= Task item =
Report every line from the following entries that contains the string "abbrev".

-- -- --

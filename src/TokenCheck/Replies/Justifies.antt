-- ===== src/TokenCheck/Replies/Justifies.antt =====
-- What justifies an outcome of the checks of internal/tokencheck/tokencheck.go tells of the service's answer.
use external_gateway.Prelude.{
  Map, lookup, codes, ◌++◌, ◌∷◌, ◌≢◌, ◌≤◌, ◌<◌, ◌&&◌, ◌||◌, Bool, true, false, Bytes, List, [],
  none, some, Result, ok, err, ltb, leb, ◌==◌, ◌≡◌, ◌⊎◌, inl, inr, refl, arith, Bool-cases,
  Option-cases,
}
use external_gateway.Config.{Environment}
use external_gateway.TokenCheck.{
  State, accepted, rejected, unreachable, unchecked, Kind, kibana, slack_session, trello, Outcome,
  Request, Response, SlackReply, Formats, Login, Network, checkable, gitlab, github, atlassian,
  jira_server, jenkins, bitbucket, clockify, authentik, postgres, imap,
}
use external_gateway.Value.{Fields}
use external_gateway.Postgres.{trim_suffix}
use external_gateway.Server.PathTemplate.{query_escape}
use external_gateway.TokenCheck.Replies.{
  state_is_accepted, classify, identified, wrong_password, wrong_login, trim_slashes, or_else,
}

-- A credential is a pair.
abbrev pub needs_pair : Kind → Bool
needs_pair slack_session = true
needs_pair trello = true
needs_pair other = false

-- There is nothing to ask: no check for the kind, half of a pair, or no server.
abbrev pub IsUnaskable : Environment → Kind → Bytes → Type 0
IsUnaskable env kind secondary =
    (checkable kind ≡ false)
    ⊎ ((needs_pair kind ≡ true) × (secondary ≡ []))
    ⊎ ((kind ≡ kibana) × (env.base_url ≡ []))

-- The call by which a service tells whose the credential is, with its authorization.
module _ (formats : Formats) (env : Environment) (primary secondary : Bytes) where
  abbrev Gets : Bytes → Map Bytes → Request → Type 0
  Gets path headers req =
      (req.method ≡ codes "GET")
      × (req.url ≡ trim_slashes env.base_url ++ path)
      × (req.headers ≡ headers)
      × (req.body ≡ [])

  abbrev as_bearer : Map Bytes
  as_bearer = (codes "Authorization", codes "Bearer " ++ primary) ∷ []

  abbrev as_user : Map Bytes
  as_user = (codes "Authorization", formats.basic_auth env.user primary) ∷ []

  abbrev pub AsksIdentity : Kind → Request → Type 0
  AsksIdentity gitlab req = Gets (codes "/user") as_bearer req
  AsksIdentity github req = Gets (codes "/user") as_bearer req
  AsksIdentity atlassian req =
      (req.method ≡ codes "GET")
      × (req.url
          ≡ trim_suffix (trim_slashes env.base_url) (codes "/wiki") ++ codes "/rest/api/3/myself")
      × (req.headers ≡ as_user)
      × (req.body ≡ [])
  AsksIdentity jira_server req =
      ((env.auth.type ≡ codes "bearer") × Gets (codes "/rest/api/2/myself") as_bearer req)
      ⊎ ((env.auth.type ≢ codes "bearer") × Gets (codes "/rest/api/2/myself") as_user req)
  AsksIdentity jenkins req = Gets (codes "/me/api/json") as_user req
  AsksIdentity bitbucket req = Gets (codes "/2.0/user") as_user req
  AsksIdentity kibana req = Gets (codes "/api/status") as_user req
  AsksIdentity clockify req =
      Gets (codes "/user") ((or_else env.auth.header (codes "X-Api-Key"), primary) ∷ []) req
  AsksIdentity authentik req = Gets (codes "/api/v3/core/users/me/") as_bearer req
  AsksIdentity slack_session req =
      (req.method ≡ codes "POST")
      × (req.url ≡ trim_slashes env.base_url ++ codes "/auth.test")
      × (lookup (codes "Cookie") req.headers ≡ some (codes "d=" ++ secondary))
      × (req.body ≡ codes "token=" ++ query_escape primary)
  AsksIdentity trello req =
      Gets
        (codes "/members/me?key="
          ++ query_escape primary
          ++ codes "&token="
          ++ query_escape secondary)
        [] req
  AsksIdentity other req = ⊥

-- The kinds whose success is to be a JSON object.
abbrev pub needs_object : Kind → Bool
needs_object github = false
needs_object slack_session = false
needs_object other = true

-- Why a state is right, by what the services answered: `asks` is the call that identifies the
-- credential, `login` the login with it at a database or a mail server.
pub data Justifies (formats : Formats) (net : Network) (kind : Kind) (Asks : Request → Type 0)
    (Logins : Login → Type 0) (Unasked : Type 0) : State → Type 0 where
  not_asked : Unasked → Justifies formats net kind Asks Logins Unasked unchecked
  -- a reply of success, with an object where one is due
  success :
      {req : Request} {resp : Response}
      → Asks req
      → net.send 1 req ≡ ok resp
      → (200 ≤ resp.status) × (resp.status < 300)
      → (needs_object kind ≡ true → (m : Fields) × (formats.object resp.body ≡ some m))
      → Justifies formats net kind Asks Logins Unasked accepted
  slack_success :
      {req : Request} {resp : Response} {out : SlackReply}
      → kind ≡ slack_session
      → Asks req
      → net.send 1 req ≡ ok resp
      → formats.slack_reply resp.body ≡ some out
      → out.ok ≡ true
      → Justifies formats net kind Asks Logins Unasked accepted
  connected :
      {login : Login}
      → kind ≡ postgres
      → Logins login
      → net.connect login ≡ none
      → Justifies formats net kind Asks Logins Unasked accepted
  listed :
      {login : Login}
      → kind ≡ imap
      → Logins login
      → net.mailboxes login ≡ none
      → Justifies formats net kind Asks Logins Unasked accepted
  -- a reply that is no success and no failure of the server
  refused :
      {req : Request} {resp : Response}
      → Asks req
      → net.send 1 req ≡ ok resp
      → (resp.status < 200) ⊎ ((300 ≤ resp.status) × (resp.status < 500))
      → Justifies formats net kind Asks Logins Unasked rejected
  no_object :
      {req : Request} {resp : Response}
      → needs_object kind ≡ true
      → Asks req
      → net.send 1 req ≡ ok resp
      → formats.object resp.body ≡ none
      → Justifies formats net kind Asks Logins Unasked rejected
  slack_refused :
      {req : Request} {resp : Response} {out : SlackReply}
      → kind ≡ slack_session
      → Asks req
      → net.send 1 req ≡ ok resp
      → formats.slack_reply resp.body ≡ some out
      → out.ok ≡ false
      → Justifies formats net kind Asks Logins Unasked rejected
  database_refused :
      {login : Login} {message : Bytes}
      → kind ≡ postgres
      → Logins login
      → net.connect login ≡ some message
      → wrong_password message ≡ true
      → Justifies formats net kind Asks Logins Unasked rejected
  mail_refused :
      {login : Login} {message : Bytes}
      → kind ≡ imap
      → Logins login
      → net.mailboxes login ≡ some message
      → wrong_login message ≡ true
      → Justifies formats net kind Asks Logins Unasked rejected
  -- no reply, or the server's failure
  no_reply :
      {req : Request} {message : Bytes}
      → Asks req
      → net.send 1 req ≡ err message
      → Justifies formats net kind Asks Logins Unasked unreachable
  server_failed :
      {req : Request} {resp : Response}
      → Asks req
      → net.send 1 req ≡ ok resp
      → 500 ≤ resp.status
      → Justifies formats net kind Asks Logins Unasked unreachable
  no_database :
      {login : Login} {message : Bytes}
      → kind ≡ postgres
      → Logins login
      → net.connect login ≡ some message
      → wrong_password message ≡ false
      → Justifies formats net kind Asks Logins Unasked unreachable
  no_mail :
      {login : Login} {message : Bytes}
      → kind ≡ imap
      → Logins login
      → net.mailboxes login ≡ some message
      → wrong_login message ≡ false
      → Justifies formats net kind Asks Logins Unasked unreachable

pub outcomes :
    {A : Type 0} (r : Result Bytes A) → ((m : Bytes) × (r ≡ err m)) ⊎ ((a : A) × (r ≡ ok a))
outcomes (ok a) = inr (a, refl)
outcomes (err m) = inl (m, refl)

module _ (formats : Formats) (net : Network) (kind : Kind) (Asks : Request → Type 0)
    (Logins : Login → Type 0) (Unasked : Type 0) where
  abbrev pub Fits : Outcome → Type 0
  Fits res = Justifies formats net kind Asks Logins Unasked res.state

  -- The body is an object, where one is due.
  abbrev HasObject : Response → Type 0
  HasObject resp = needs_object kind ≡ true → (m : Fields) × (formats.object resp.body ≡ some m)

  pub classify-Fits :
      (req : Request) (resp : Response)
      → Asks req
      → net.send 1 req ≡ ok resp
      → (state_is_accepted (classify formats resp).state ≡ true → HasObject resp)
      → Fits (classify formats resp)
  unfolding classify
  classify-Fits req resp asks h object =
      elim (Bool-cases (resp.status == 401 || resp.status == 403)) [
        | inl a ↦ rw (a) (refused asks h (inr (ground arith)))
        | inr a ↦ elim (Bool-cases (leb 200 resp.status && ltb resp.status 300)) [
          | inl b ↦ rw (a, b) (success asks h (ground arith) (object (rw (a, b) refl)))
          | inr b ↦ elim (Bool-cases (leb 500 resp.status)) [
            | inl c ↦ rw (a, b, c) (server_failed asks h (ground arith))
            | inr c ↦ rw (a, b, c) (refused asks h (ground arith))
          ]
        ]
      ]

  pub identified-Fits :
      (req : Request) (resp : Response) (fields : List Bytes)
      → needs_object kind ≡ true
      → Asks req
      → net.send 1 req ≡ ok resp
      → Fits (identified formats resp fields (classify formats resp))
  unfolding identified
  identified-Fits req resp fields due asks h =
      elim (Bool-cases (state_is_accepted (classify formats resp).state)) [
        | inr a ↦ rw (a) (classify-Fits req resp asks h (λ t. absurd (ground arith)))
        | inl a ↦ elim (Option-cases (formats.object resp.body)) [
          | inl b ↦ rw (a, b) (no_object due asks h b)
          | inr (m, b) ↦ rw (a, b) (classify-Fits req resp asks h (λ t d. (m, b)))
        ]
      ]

-- -- --

= Result for this task =
abbrev pub needs_pair : Kind → Bool
abbrev pub IsUnaskable : Environment → Kind → Bytes → Type 0
  abbrev Gets : Bytes → Map Bytes → Request → Type 0
  abbrev as_bearer : Map Bytes
  abbrev as_user : Map Bytes
  abbrev pub AsksIdentity : Kind → Request → Type 0
abbrev pub needs_object : Kind → Bool
  abbrev pub Fits : Outcome → Type 0
  abbrev HasObject : Response → Type 0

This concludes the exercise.